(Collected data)
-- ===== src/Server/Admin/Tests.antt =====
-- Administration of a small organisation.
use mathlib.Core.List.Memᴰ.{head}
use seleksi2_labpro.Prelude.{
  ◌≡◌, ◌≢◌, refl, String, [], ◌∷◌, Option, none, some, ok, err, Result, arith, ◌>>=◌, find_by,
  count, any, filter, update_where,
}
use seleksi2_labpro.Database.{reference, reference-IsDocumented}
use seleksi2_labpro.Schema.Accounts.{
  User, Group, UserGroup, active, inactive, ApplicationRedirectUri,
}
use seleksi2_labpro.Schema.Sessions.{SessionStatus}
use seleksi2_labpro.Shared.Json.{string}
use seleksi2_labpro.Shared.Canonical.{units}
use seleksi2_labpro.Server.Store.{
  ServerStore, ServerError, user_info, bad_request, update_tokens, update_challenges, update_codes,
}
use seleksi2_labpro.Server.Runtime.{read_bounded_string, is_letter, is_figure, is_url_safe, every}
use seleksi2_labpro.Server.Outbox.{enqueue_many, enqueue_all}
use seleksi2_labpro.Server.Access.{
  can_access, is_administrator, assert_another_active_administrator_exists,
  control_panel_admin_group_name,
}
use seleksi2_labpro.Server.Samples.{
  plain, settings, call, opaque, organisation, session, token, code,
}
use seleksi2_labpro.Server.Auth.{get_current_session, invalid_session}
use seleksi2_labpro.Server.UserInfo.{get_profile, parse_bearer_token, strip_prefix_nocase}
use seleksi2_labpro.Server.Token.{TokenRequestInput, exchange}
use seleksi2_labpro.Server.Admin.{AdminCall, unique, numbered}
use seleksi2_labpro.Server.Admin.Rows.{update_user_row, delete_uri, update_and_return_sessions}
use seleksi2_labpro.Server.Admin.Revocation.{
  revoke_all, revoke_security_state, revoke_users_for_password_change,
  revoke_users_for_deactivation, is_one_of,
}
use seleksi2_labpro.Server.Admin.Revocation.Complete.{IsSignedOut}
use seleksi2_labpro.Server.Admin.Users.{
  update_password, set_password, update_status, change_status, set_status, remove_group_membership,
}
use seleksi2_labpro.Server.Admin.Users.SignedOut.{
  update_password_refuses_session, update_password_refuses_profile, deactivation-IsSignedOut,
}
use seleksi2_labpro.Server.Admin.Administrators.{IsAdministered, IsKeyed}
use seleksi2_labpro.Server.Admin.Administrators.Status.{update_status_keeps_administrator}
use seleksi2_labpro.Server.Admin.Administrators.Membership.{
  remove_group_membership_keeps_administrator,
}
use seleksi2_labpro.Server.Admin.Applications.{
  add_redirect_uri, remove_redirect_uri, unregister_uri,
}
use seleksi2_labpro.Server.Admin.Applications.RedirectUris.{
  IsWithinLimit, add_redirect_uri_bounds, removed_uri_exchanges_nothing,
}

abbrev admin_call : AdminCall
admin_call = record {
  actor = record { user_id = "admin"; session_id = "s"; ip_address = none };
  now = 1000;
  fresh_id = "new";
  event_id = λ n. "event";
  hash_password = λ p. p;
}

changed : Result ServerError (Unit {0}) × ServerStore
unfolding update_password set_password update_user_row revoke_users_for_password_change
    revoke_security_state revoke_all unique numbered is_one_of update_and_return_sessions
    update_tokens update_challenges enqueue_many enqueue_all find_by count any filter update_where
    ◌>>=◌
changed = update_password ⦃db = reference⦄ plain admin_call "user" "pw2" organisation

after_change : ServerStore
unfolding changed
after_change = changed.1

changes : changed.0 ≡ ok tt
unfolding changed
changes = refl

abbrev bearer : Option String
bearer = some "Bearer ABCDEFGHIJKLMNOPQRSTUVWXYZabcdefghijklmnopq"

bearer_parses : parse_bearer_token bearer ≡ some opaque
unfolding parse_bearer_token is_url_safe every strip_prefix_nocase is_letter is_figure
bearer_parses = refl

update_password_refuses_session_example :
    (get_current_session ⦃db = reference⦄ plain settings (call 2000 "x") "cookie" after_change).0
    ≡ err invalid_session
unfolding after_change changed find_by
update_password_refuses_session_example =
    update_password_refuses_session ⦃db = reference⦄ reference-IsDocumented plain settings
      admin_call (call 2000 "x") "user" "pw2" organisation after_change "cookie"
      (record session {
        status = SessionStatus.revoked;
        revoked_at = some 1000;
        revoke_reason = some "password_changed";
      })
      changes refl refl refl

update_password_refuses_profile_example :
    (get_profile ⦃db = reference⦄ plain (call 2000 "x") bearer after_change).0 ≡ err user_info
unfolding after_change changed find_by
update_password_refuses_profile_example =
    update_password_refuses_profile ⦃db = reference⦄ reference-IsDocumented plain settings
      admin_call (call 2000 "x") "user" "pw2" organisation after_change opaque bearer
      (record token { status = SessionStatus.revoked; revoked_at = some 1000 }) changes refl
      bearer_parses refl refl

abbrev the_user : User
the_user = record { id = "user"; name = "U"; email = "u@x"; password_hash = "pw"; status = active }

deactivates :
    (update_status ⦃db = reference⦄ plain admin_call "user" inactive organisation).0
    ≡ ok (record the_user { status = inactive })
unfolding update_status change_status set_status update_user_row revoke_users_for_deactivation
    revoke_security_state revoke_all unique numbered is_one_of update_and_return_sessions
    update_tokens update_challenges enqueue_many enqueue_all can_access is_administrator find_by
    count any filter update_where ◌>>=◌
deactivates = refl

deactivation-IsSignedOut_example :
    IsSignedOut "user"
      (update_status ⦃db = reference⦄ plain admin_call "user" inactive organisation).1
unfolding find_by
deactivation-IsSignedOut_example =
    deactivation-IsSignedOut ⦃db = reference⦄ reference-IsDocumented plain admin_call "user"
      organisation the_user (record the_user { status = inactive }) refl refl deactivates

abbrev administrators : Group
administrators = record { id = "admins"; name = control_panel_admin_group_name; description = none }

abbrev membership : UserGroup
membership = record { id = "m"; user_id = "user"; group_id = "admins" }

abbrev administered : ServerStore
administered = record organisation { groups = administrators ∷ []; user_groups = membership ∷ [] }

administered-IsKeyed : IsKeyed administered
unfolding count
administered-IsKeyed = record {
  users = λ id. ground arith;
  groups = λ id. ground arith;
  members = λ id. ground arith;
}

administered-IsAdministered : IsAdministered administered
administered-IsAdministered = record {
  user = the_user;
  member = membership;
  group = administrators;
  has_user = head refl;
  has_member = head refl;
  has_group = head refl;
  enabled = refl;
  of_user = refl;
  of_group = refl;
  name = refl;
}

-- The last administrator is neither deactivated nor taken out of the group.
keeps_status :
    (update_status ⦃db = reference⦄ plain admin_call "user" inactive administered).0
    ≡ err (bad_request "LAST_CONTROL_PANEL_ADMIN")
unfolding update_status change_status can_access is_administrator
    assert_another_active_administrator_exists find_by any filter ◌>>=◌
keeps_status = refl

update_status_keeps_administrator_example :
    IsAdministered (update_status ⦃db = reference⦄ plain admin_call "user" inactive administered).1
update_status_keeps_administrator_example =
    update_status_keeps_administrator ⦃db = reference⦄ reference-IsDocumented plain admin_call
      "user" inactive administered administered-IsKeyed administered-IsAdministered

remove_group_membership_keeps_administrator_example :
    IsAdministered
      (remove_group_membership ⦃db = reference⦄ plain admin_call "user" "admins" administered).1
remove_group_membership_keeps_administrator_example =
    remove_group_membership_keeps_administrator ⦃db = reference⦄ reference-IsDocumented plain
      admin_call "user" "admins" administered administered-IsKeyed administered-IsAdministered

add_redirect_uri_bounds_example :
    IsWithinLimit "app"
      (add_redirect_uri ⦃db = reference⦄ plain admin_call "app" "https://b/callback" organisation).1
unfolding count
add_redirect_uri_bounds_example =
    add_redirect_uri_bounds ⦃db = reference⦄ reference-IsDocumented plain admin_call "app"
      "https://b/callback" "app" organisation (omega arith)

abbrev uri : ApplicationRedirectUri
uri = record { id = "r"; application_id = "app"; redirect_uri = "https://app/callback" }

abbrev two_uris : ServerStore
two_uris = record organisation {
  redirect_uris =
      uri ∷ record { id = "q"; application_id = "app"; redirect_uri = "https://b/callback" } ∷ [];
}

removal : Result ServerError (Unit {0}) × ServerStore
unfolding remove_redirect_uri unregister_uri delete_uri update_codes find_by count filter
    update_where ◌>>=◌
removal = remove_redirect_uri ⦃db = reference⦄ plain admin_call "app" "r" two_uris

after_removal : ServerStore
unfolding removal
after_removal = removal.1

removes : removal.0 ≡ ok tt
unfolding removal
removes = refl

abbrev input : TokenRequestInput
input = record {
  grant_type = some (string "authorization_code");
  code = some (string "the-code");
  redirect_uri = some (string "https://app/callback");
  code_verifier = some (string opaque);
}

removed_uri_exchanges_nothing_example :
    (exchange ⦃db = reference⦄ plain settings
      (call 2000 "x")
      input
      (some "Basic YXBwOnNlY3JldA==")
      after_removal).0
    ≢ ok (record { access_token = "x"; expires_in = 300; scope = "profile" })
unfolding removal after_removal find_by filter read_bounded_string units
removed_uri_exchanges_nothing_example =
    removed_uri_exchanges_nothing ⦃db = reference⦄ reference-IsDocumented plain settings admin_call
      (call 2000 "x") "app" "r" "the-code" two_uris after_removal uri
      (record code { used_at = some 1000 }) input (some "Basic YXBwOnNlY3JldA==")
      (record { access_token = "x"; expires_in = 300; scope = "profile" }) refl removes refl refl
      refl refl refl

What you should do »
Count the lines above in which the word "abbrev" appears, then state only that count.

Written reply »
9